Mechanically, breakages are the most understood 'correct' use failure, with incorrectly applied (unrolled separately and then placed onto penis, air inside) or stored or outdated condoms, vigorous sex, age, and insufficient lubrication being some of the most common risk factors. Incompatible materials (eg oil and a latex condom) are usually lumped here, though there is a fair argument they should be considered imperfect use. About a fifth to a third of people a year using condoms report at least one condom break, although this is not evenly distributed.

Slippage is... about what it sounds like. You'd think it would be more obvious and easier to withdraw and reapply a different condom or move onto other sex acts, compared to a split down the side of a condom, but you still see 10-20% reporting it happen, usually pretty often if it happens at all.

Leaks are the least understood and I think play a bigger role than most people expect. "Correct" condom use is to withdraw immediately after ejaculation while firmly holding the base of the condom tight. Waiting too long (or just deflating fast enough) gives a lot of opportunity for semen to get around, and while it's something only a small percentage of people report having problems with, as a behavior it's one with the clearest immediate mechanisms for semen transfer, and with the least clear distinction between 'right' and 'wrong'.

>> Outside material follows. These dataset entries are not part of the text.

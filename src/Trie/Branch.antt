-- ===== src/Trie/Branch.antt =====
-- The branch that `insert` makes where two keys part (trie/trie.go).
use mjoy_go.Base.{
  ℕ, ◌<◌, ◌≡◌, refl, Bool, true, false, none, some, List, [], ◌∷◌, ◌++◌, ◌==◌, ==_cases, ==_self,
  if◌then◌else◌, Bool-cases, Option-cases, inl, inr, ◌∙◌, arith, subst,
}
use mjoy_go.State.Types.{Read}
use mjoy_go.Trie.Node.{Flag, Node, nil, value_node, short_node, Children, put, no_children}
use mjoy_go.Trie.Walk.{equal, strip, new_flag}
use mjoy_go.Trie.Change.{lead_to, branch}
use mjoy_go.Trie.Find.{found, find, find_after, after, nonempty, Fits, FitsAll}
use mjoy_go.Trie.Keys.{strip-append, equal-append, after-append, strip_sound}
use mjoy_go.Trie.Short.{updated, kid, find-nil, find-value, find-full, find-lead_to}
use mjoy_go.Trie.Kids.{kid-put, kid-all_nil, at-FitsAll, put-FitsAll}
use mjoy_go.Trie.Ends.{Right, find-short_node}

none_fit : FitsAll 0 no_children
unfolding FitsAll no_children
none_fit = (
  tt,
  (
    tt,
    (tt, (tt, (tt, (tt, (tt, (tt, (tt, (tt, (tt, (tt, (tt, (tt, (tt, (tt, (tt, refl))))))))))))))),
  ),
)

all_none : (x : ℕ) → kid x no_children ≡ nil
unfolding no_children
all_none x = kid-all_nil x no_children refl

nonempty-append : (p : List ℕ) (a : ℕ) (k : List ℕ) → nonempty (p ++ a ∷ k) ≡ true
nonempty-append [] a k = refl
nonempty-append (x ∷ p) a k = refl

some_same : (e e' : Bool) → some e ≡ some e' → e' ≡ e
some_same false false h = refl
some_same false true h = cc
some_same true false h = cc
some_same true true h = refl

module _ (load : ℕ → Read Node) where
  pub find-leaf :
      (k r : List ℕ) (v : List ℕ)
      → find_after load (strip k r) (value_node v) ≡ updated (equal r k) (some v) (found none)
  find-leaf [] r v = find-value load r v
  find-leaf (y ∷ k) [] v = refl
  find-leaf (y ∷ k) (x ∷ r) v = elim (Bool-cases (x == y)) [
    | inl e ↦ rw e (find-leaf k r v)
    | inr e ↦ rw e
  ]

  module _ (gen : ℕ) where
    pub lead_to-Fits :
        (e e' : Bool) (k : List ℕ) (n : Node)
        → after e k ≡ some e'
        → Fits e' n
        → Fits e (lead_to load gen k n)
    unfolding Fits
    lead_to-Fits e e' [] n h fits = subst (λ t. Fits t n) (some_same e e' h) fits
    lead_to-Fits e e' (x ∷ k) n h fits = (refl, (e', h, fits))

    -- The branch has room for both of its keys, and nothing for any other.
    module _ (a : ℕ) (k : List ℕ) (c : Node) (b : ℕ) (key v : List ℕ)
        (parted : (b == a) ≡ false) where
      abbrev one : Children
      one = put a (lead_to load gen k c) no_children

      abbrev two : Children
      two = put b (lead_to load gen key (value_node v)) one

      one-FitsAll : Fits (a == 16) (lead_to load gen k c) → FitsAll 0 one
      one-FitsAll fits =
          put-FitsAll 0 a a (lead_to load gen k c) no_children none_fit (omega arith) fits

      two-FitsAll :
          Fits (a == 16) (lead_to load gen k c)
          → Fits (b == 16) (lead_to load gen key (value_node v))
          → FitsAll 0 two
      two-FitsAll fits leaf =
          put-FitsAll 0 b b (lead_to load gen key (value_node v)) one (one-FitsAll fits)
            (omega arith) leaf

      kids :
          Fits (a == 16) (lead_to load gen k c)
          → a < 17
          → b < 17
          → (x : ℕ)
          → kid x two ≡ (
              if x == b
              then lead_to load gen key (value_node v)
              else (if x == a then lead_to load gen k c else nil))
      kids fits ha hb x =
          let (u, at_b, _) = at-FitsAll 0 b b one (one-FitsAll fits) (omega arith) hb in
          let (w, at_a, _) = at-FitsAll 0 a a no_children none_fit (omega arith) ha in
          rw (
            kid-put b x (lead_to load gen key (value_node v)) u one at_b,
            kid-put a x (lead_to load gen k c) w no_children at_a,
            all_none x,
          )

      branch-find :
          Fits (a == 16) (lead_to load gen k c)
          → a < 17
          → b < 17
          → (x : ℕ) → (r : List ℕ)
          → find load (x ∷ r) (branch load gen a k c b key (value_node v))
            ≡ updated (equal (x ∷ r) (b ∷ key)) (some v) (find_after load (strip (a ∷ k) (x ∷ r)) c)
      branch-find fits ha hb x r =
          rw (find-full load x r two (new_flag load gen), kids fits ha hb x)
            (elim (==_cases x b) [
              | inl e ↦
                  rw (e, ==_self b, parted)
                    (find-lead_to load gen key (value_node v) r ∙ find-leaf key r v)
              | inr e ↦ rw e (elim (Bool-cases (x == a)) [
                | inl f ↦ rw f (find-lead_to load gen k c r)
                | inr f ↦ rw f (find-nil load r)
              ])
            ])

      pub branch-Right :
          (e e' : Bool) (p : List ℕ) (f : Flag)
          → after e p ≡ some false
          → a < 17
          → b < 17
          → after (a == 16) k ≡ some e'
          → Fits e' c
          → after (b == 16) key ≡ some true
          → Right load e
              (p ++ b ∷ key)
              (some v)
              (short_node (p ++ a ∷ k) c f)
              (lead_to load gen p (branch load gen a k c b key (value_node v)))
      unfolding Fits
      branch-Right e e' p f hp ha hb hk fits hkey = (
        lead_to-Fits e false p (branch load gen a k c b key (value_node v)) hp
            (refl, two-FitsAll old_fits (lead_to-Fits (b == 16) true key (value_node v) hkey refl)),
        λ q hq.
            rw
              (
                find-lead_to load gen p (branch load gen a k c b key (value_node v)) q,
                equal-append p (b ∷ key) q,
                find-short_node load (p ++ a ∷ k) c f q (nonempty-append p a k),
                strip-append p (a ∷ k) q,
              )
              (elim (Option-cases (strip p q)) [
                | inl s ↦ rw s
                | inr (r, s) ↦ rw s (behind r (rest_of q r s hq))
              ]),
      )
        where
          old_fits : Fits (a == 16) (lead_to load gen k c)
          old_fits = lead_to-Fits (a == 16) e' k c hk fits

          rest_of :
              (q r : List ℕ)
              → strip p q ≡ some r
              → after e q ≡ some true
              → after false r ≡ some true
          rest_of q r s hq =
              let whole : after e (p ++ r) ≡ some true = rw (strip_sound p q r s) at hq in
              rw (after-append e p r, hp) at whole

          behind :
              (r : List ℕ)
              → after false r ≡ some true
              → find load r (branch load gen a k c b key (value_node v))
                ≡ updated (equal r (b ∷ key)) (some v) (find_after load (strip (a ∷ k) r) c)
          behind [] hr = cc
          behind (x ∷ r) hr = branch-find old_fits ha hb x r
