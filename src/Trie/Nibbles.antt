-- ===== src/Trie/Nibbles.antt =====
-- The encodings of trie keys (trie/encoding.go) lose nothing.
use Prim.Native.Nat.{bit_or}
use mjoy_go.Base.{
  ℕ, zero, suc, ◌+◌, ◌*◌, ◌/◌, ◌%◌, ◌<◌, ◌≡◌, refl, Bool, true, false, ◌&&◌, some, List, [], ◌∷◌,
  ◌++◌, ◌==◌, ==_iff, if◌then◌else◌, Bool-cases, inl, inr, ap, ◌∙◌, arith,
}
use mjoy_go.Trie.Encoding.{
  has_term, init, join, decode_nibbles, is_odd, pack, hex_to_compact, expand, keybytes_to_hex,
  unflag, compact_to_hex, hex_to_keybytes,
}

-- A test that holds below a bound, value by value.
all_below : ℕ → (ℕ → Bool) → Bool
all_below zero p = true
all_below (suc n) p = p n && all_below n p

all_below-holds : (n : ℕ) (p : ℕ → Bool) (x : ℕ) → all_below n p ≡ true → x < n → p x ≡ true
unfolding all_below
all_below-holds zero p x h lt = absurd (omega arith)
all_below-holds (suc n) p x h lt = ground (arith, all_below-holds n p x)

byte_table : all_below 256 (λ x. join (x / 16) (x % 16) == x) ≡ true
unfolding all_below
byte_table = refl

join-split : (x : ℕ) → x < 256 → join (x / 16) (x % 16) ≡ x
join-split x h =
    (==_iff _ x).0 (all_below-holds 256 (λ x. join (x / 16) (x % 16) == x) x byte_table h)

-- The first byte of a compact key of odd length.
odd_table :
    all_below 16 (λ n. (bit_or (bit_or 0 16) n == 16 + n) && (bit_or (bit_or 32 16) n == 48 + n))
    ≡ true
unfolding all_below
odd_table = refl

-- All of the list lie below the bound.
abbrev pub Below : ℕ → List ℕ → Type 0
Below k [] = Unit
Below k (n ∷ ns) = (n < k) × Below k ns

join-nibbles : (n m : ℕ) → n < 16 → m < 16 → join n m ≡ n * 16 + m
join-nibbles n m p q = high ∙ join-split (n * 16 + m) (omega arith)
  where
    high : join n m ≡ join ((n * 16 + m) / 16) ((n * 16 + m) % 16)
    high = λ i. join (upper i) (lower i)
      where
        upper : n ≡ (n * 16 + m) / 16
        upper = omega arith

        lower : m ≡ (n * 16 + m) % 16
        lower = omega arith

expand-decode : (ns : List ℕ) → Below 16 ns → is_odd ns ≡ false → expand (decode_nibbles ns) ≡ ns
unfolding decode_nibbles
expand-decode [] b e = refl
expand-decode (n ∷ []) b e = ground arith
expand-decode (n ∷ m ∷ ns) (p, (q, b)) e = λ i. upper i ∷ lower i ∷ expand-decode ns b even i
  where
    upper : join n m / 16 ≡ n
    upper = omega (arith, join-nibbles n m p q)

    lower : join n m % 16 ≡ m
    lower = omega (arith, join-nibbles n m p q)

    even : is_odd ns ≡ false
    even = ground arith

decode-expand : (k : List ℕ) → Below 256 k → decode_nibbles (expand k) ≡ k
unfolding decode_nibbles
decode-expand [] b = refl
decode-expand (x ∷ k) (p, b) = λ i. join-split x p i ∷ decode-expand k b i

init-last : (ns : List ℕ) (x : ℕ) → init (ns ++ x ∷ []) ≡ ns
unfolding init
init-last [] x = refl
init-last (n ∷ []) x = refl
init-last (n ∷ m ∷ ns) x = ap (◌∷◌ n) (init-last (m ∷ ns) x)

has_term-last : (ns : List ℕ) → has_term (ns ++ 16 ∷ []) ≡ true
unfolding has_term
has_term-last [] = refl
has_term-last (n ∷ []) = refl
has_term-last (n ∷ m ∷ ns) = has_term-last (m ∷ ns)

has_term-nibbles : (ns : List ℕ) → Below 16 ns → has_term ns ≡ false
unfolding has_term
has_term-nibbles [] b = refl
has_term-nibbles (n ∷ []) (p, _) = ground arith
has_term-nibbles (n ∷ m ∷ ns) (_, b) = has_term-nibbles (m ∷ ns) b

expand-is_odd : (k : List ℕ) → is_odd (expand k) ≡ false
expand-is_odd [] = refl
expand-is_odd (x ∷ k) = ground (arith, expand-is_odd k)

hex_to_keybytes-keybytes_to_hex :
    (k : List ℕ) → Below 256 k → hex_to_keybytes (keybytes_to_hex k) ≡ some k
unfolding hex_to_keybytes keybytes_to_hex
hex_to_keybytes-keybytes_to_hex k b =
    rw (has_term-last (expand k), init-last (expand k) 16, expand-is_odd k)
      (ap some (decode-expand k b))

odd_bytes :
    (n : ℕ) → n < 16 → (bit_or (bit_or 0 16) n ≡ 16 + n) × (bit_or (bit_or 32 16) n ≡ 48 + n)
odd_bytes n h =
    let both =
      all_below-holds 16
        (λ n. (bit_or (bit_or 0 16) n == 16 + n) && (bit_or (bit_or 32 16) n == 48 + n)) n odd_table
        h in
    ((==_iff _ _).0 (and_left _ _ both), (==_iff _ _).0 (and_right _ _ both))
  where
    and_left : (a b : Bool) → (a && b) ≡ true → a ≡ true
    and_left a b h = ground arith

    and_right : (a b : Bool) → (a && b) ≡ true → b ≡ true
    and_right a b h = ground arith

-- A compact key of nibbles, with the terminator or without.
abbrev pub flag_of : Bool → ℕ
flag_of term = if term then 32 else 0

abbrev pub ended : Bool → List ℕ → List ℕ
ended term ns = if term then ns ++ 16 ∷ [] else ns

unflag-even :
    (term : Bool) (ns : List ℕ)
    → Below 16 ns
    → is_odd ns ≡ false
    → unflag (expand (pack (flag_of term) false ns)) ≡ some (ended term ns)
unflag-even true ns b e = ap (λ x. some (x ++ 16 ∷ [])) (expand-decode ns b e)
unflag-even false ns b e = ap some (expand-decode ns b e)

unflag-odd :
    (term : Bool) (ns : List ℕ)
    → Below 16 ns
    → is_odd ns ≡ true
    → unflag (expand (pack (flag_of term) true ns)) ≡ some (ended term ns)
unflag-odd term [] b e = ground arith
unflag-odd true (n ∷ ns) (p, b) e = λ i. unflag (upper i ∷ lower i ∷ expand-decode ns b even i)
  where
    upper : bit_or (bit_or 32 16) n / 16 ≡ 3
    upper = omega (arith, (odd_bytes n p).1)

    lower : bit_or (bit_or 32 16) n % 16 ≡ n
    lower = omega (arith, (odd_bytes n p).1)

    even : is_odd ns ≡ false
    even = ground arith
unflag-odd false (n ∷ ns) (p, b) e = λ i. unflag (upper i ∷ lower i ∷ expand-decode ns b even i)
  where
    upper : bit_or (bit_or 0 16) n / 16 ≡ 1
    upper = omega (arith, (odd_bytes n p).0)

    lower : bit_or (bit_or 0 16) n % 16 ≡ n
    lower = omega (arith, (odd_bytes n p).0)

    even : is_odd ns ≡ false
    even = ground arith

pack-unflag :
    (term : Bool) (ns : List ℕ)
    → Below 16 ns
    → unflag (expand (pack (flag_of term) (is_odd ns) ns)) ≡ some (ended term ns)
pack-unflag term ns b = elim (Bool-cases (is_odd ns)) [
  | inl e ↦ rw e (unflag-odd term ns b e)
  | inr e ↦ rw e (unflag-even term ns b e)
]

compact_to_hex-hex_to_compact :
    (term : Bool) (ns : List ℕ)
    → Below 16 ns
    → compact_to_hex (hex_to_compact (ended term ns)) ≡ some (ended term ns)
unfolding compact_to_hex hex_to_compact keybytes_to_hex
compact_to_hex-hex_to_compact true ns b =
    rw (has_term-last ns, init-last ns 16)
      (ap unflag (init-last (expand (pack 32 (is_odd ns) ns)) 16) ∙ pack-unflag true ns b)
compact_to_hex-hex_to_compact false ns b =
    rw (has_term-nibbles ns b)
      (ap unflag (init-last (expand (pack 0 (is_odd ns) ns)) 16) ∙ pack-unflag false ns b)

-- The encodings of keys lose nothing. A hex key, of nibbles below 16 and with or without the
-- terminator, comes back from its compact form, whatever its length; and a key of bytes comes back
-- from its nibbles.
pub encodings_invert :
    (term : Bool) (ns k : List ℕ)
    → Below 16 ns
    → Below 256 k
    → (compact_to_hex (hex_to_compact (ended term ns)) ≡ some (ended term ns))
      × (hex_to_keybytes (keybytes_to_hex k) ≡ some k)
encodings_invert term ns k b c =
    (compact_to_hex-hex_to_compact term ns b, hex_to_keybytes-keybytes_to_hex k c)
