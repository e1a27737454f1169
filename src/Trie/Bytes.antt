-- ===== src/Trie/Bytes.antt =====
-- Keys of bytes as keys of nibbles (trie/encoding.go, `keybytesToHex`).
use mjoy_go.Base.{
  ℕ, ◌/◌, ◌%◌, ◌≡◌, ◌≢◌, refl, Bool, true, false, some, List, [], ◌∷◌, lt→ltb, ◌==◌, ==_cases,
  ==_self, ==_ne, if◌then◌else◌, inl, inr, ◌∙◌, sym, arith, subst,
}
use mjoy_go.Trie.Encoding.{keybytes_to_hex}
use mjoy_go.Trie.Nibbles.{Below}
use mjoy_go.Trie.Walk.{equal}
use mjoy_go.Trie.Find.{after}

-- The key of a value ends where its nibbles do.
pub keybytes_to_hex-ended :
    (key : List ℕ) → Below 256 key → after false (keybytes_to_hex key) ≡ some true
unfolding keybytes_to_hex
keybytes_to_hex-ended [] b = refl
keybytes_to_hex-ended (x ∷ key) (small, b) =
    rw
      (
        lt→ltb (x / 16) 17 (omega arith),
        ==_ne (x / 16) 16 (omega arith),
        lt→ltb (x % 16) 17 (omega arith),
        ==_ne (x % 16) 16 (omega arith),
      )
      (keybytes_to_hex-ended key b)

ne_of : (x y : ℕ) → (x == y) ≡ false → x ≢ y
ne_of x y h e = let bad : true ≡ false = sym (==_self y) ∙ subst (λ z. (z == y) ≡ false) e h in cc

low_ne : (x y : ℕ) → (x == y) ≡ false → x / 16 ≡ y / 16 → (x % 16 == y % 16) ≡ false
low_ne x y h high = let apart = ne_of x y h in ==_ne (x % 16) (y % 16) (λ low. apart (omega arith))

lazy : (b : Bool) → (if b then false else false) ≡ false
lazy true = refl
lazy false = refl

-- Keys are equal as nibbles where they are as bytes.
pub keybytes_to_hex-equal :
    (k l : List ℕ)
    → Below 256 k
    → Below 256 l
    → equal (keybytes_to_hex k) (keybytes_to_hex l) ≡ equal k l
unfolding keybytes_to_hex
keybytes_to_hex-equal [] [] b c = refl
keybytes_to_hex-equal [] (y ∷ l) b (small, c) = rw (==_ne 16 (y / 16) (omega arith)) refl
keybytes_to_hex-equal (x ∷ k) [] (small, b) c = rw (==_ne (x / 16) 16 (omega arith)) refl
keybytes_to_hex-equal (x ∷ k) (y ∷ l) (small, b) (small', c) = elim (==_cases x y) [
  | inl e ↦ rw (e, ==_self y, ==_self (y / 16), ==_self (y % 16)) (keybytes_to_hex-equal k l b c)
  | inr e ↦ elim (==_cases (x / 16) (y / 16)) [
    | inl high ↦ rw (e, low_ne x y e high) (lazy (x / 16 == y / 16))
    | inr high ↦ rw (e, high)
  ]
]
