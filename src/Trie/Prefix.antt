-- ===== src/Trie/Prefix.antt =====
-- `prefixLen` (trie/encoding.go) finds the longest common prefix.
use mjoy_go.Base.{
  ℕ, ◌≤◌, ◌≡◌, refl, false, Option, none, some, List, [], ◌∷◌, length, take, get_elem?, ◌==◌,
  ==_cases, ==_self, inl, inr, ap, arith,
}
use mjoy_go.Trie.Encoding.{prefix_len}

-- Both keys go on at the place, with different nibbles; or one of them ends there.
abbrev pub Parts : Option ℕ → Option ℕ → Type 0
Parts (some x) (some y) = (x == y) ≡ false
Parts (some x) none = Unit
Parts none y = Unit

-- `prefixLen` is at most the length of either key; the keys agree on as many nibbles, and there one
-- of them ends or they differ.
pub prefix_len-Parts :
    (a b : List ℕ)
    → (prefix_len a b ≤ length a)
      × (prefix_len a b ≤ length b)
      × (take (prefix_len a b) a ≡ take (prefix_len a b) b)
      × Parts (get_elem? a (prefix_len a b)) (get_elem? b (prefix_len a b))
unfolding prefix_len
prefix_len-Parts [] b = (omega arith, omega arith, refl, tt)
prefix_len-Parts (x ∷ a) [] = (omega arith, omega arith, refl, tt)
prefix_len-Parts (x ∷ a) (y ∷ b) = elim (==_cases x y) [
  | inl e ↦
      let (low, high, same, parts) = prefix_len-Parts a b in
      rw (e, ==_self y) (omega arith, omega arith, ap (◌∷◌ y) same, parts)
  | inr e ↦ rw e (omega arith, omega arith, refl, e)
]
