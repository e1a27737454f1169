-- ===== src/Trie/Forks.antt =====
-- Where two keys of a trie part (trie/trie.go, `prefixLen`).
use mjoy_go.Base.{
  ℕ, ◌<◌, ◌≡◌, refl, Bool, true, false, Option, none, some, List, [], ◌∷◌, ◌++◌, length,
  length-append, get_elem?, ltb→lt, ◌==◌, Bool-cases, inl, inr, arith,
}
use mjoy_go.Trie.Encoding.{prefix_len}
use mjoy_go.Trie.Find.{after, nonempty}
use mjoy_go.Trie.Keys.{after-append}
use mjoy_go.Trie.Ends.{after-tail}

pub longer : (k rest : List ℕ) → nonempty k ≡ true → length rest < length (k ++ rest)
longer [] rest h = cc
longer (x ∷ k) rest h = let e = length-append k rest in omega arith

pub none_at_end :
    (key k : List ℕ) → get_elem? k (prefix_len key k) ≡ none → (prefix_len key k == length k) ≡ true
unfolding prefix_len
none_at_end [] [] h = refl
none_at_end [] (y ∷ k) h = cc
none_at_end (x ∷ key) [] h = refl
none_at_end (x ∷ key) (y ∷ k) h = elim (Bool-cases (x == y)) [
  | inl e ↦ rw e (let same = none_at_end key k (rw e at h) in ground arith)
  | inr e ↦ let bad : get_elem? (y ∷ k) 0 ≡ none = rw e at h in cc
]

pub no_more :
    (e e' : Bool) (key : List ℕ) (a : ℕ) (t : List ℕ)
    → after e key ≡ some true
    → after e (key ++ a ∷ t) ≡ some e'
    → ⊥
no_more e e' key a t h h' =
    let bad : none ≡ some e' = rw (after-append e key (a ∷ t), h) at h' in cc

-- A key that goes on at a fork has not ended there.
pub at_fork :
    (e e' : Bool) (p : List ℕ) (a : ℕ) (k : List ℕ)
    → after e (p ++ a ∷ k) ≡ some e'
    → (after e p ≡ some false) × (a < 17) × (after (a == 16) k ≡ some e')
at_fork e e' p a k h = from (after e p) refl
  where
    from :
        (o : Option Bool)
        → after e p ≡ o
        → (after e p ≡ some false) × (a < 17) × (after (a == 16) k ≡ some e')
    from none s = let bad : none ≡ some e' = rw (after-append e p (a ∷ k), s) at h in cc
    from (some true) s = let bad : none ≡ some e' = rw (after-append e p (a ∷ k), s) at h in cc
    from (some false) s =
        let whole : after false (a ∷ k) ≡ some e' = rw (after-append e p (a ∷ k), s) at h in
        let (small, rest) = after-tail a k e' whole in (s, ltb→lt a 17 small, rest)
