-- ===== src/Trie/Loaded.antt =====
-- A node of the database is changed like one of the trie (trie/trie.go, `resolveHash`).
use mjoy_go.Base.{ℕ, suc, ◌<◌, ◌≡◌, refl, false, Option, List, [], ◌∷◌, arith}
use mjoy_go.State.Types.{Read, entry, absent, garbled, fault}
use mjoy_go.Trie.Node.{Node, nil, value_node, short_node, full_node, hash_node}
use mjoy_go.Trie.Walk.{Changed, resolve_hash}
use mjoy_go.Trie.Change.{changed, change_loaded}
use mjoy_go.Trie.Find.{lost, find, is_hash, Fits, Loads}
use mjoy_go.Trie.Short.{find-hash}
use mjoy_go.Trie.Ends.{Ends, Enough, weight, Behind, Right, rebuilt-Ends}

pub weight_le : (n : Node) → weight n < 2
weight_le nil = omega arith
weight_le (value_node v) = omega arith
weight_le (short_node k c f) = omega arith
weight_le (full_node cs f) = omega arith
weight_le (hash_node h) = omega arith

pub weight_none : (n : Node) → is_hash n ≡ false → weight n ≡ 0
weight_none nil h = refl
weight_none (value_node v) h = refl
weight_none (short_node k c f) h = refl
weight_none (full_node cs f) h = refl
weight_none (hash_node h) e = cc

module _ (load : ℕ → Read Node) where
  abbrev pub Unread : Read Node → Type 0
  Unread (entry n) = ⊥
  Unread absent = Unit
  Unread (fault e) = Unit
  Unread garbled = ⊥

  pub find-Unread :
      (x : ℕ) (key : List ℕ) (h : ℕ) → Unread (load h) → find load (x ∷ key) (hash_node h) ≡ lost h
  unfolding find
  find-Unread x key h u = from (load h) refl u
    where
      from : (r : Read Node) → load h ≡ r → Unread r → find load (x ∷ key) (hash_node h) ≡ lost h
      from (entry n) e ok = elim ok [ ]
      from absent e ok = rw (e, find) refl
      from (fault s) e ok = rw (e, find) refl
      from garbled e ok = elim ok [ ]

  pub hash-Right :
      (key : List ℕ) (new : Option (List ℕ)) (h : ℕ) (n m : Node)
      → load h ≡ entry n
      → is_hash n ≡ false
      → Right load false key new n m
      → Right load false key new (hash_node h) m
  hash-Right key new h n m e flat (fits, behind) = (fits, one)
    where
      one : Behind load false key new (hash_node h) m
      one [] hq = cc
      one (y ∷ q) hq = rw (find-hash load y q h n e flat) (behind (y ∷ q) hq)

  hash_self :
      (key : List ℕ) (new : Option (List ℕ)) (h : ℕ) (n : Node)
      → load h ≡ entry n
      → is_hash n ≡ false
      → Right load false key new n n
      → Right load false key new (hash_node h) (hash_node h)
  unfolding Fits
  hash_self key new h n e flat (fits, behind) = (refl, one)
    where
      one : Behind load false key new (hash_node h) (hash_node h)
      one [] hq = cc
      one (y ∷ q) hq = rw (find-hash load y q h n e flat) (behind (y ∷ q) hq)

  module _ (gen : ℕ) where
    pub loaded-Ends :
        (Miss : Node → ℕ → Type 0) (fuel h : ℕ) (prefix key : List ℕ) (new : Option (List ℕ))
        → (change : Node → Changed) → Loads (load h)
        → ((n : Node)
            → Fits false n
            → Ends (Right load false key new n) n (Miss n) (Enough fuel key n) (change n))
        → ((n : Node)
            → (g : ℕ) → load h ≡ entry n
            → is_hash n ≡ false
            → Miss n g
            → Miss (hash_node h) g)
        → (Unread (load h) → Miss (hash_node h) h)
        → Ends
            (Right load false key new (hash_node h))
            (hash_node h)
            (Miss (hash_node h))
            (Enough (suc fuel) key (hash_node h))
            (change_loaded load gen change (resolve_hash load gen h prefix))
    unfolding resolve_hash
    loaded-Ends Miss fuel h prefix key new change loads ends miss unread =
        from (load h) refl loads unread
      where
        from :
            (r : Read Node)
            → load h ≡ r
            → Loads r
            → (Unread r → Miss (hash_node h) h)
            → Ends
                (Right load false key new (hash_node h))
                (hash_node h)
                (Miss (hash_node h))
                (Enough (suc fuel) key (hash_node h))
                (change_loaded load gen change (resolve_hash load gen h prefix))
        from absent e ok lack = rw e (lack tt)
        from (fault s) e ok lack = rw e (lack tt)
        from garbled e ok lack = elim ok [ ]
        from (entry n) e (fits, flat) lack = rw e (
            rebuilt-Ends load gen (Right load false key new n)
              (Right load false key new (hash_node h)) (Miss n) (Miss (hash_node h))
              (Enough fuel key n) (Enough (suc fuel) key (hash_node h)) n n (hash_node h)
              (changed load gen) (change n) (ends n fits)
              (λ m right. hash-Right key new h n m e flat right)
              (λ right. (hash-Right key new h n n e flat right, hash_self key new h n e flat right))
              (λ g lost. miss n g e flat lost)
              (λ out. let light = weight_none n flat in omega arith))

Semen just getting around, separate from sex itself is another risk. People overestimate the risks of preejaculatory fluid for pregnancy, but the guy finishing and moving to help his partner finish without washing his hands first is both plausible and easy to overlook.

This is all really specific. If you don't want to have a kid all you have to do is not cum inside someone, that is super easy to not do.

I swear I try to fish his comments out of the filter as fast as I can. @AhhhTheFrench you may find this response useful.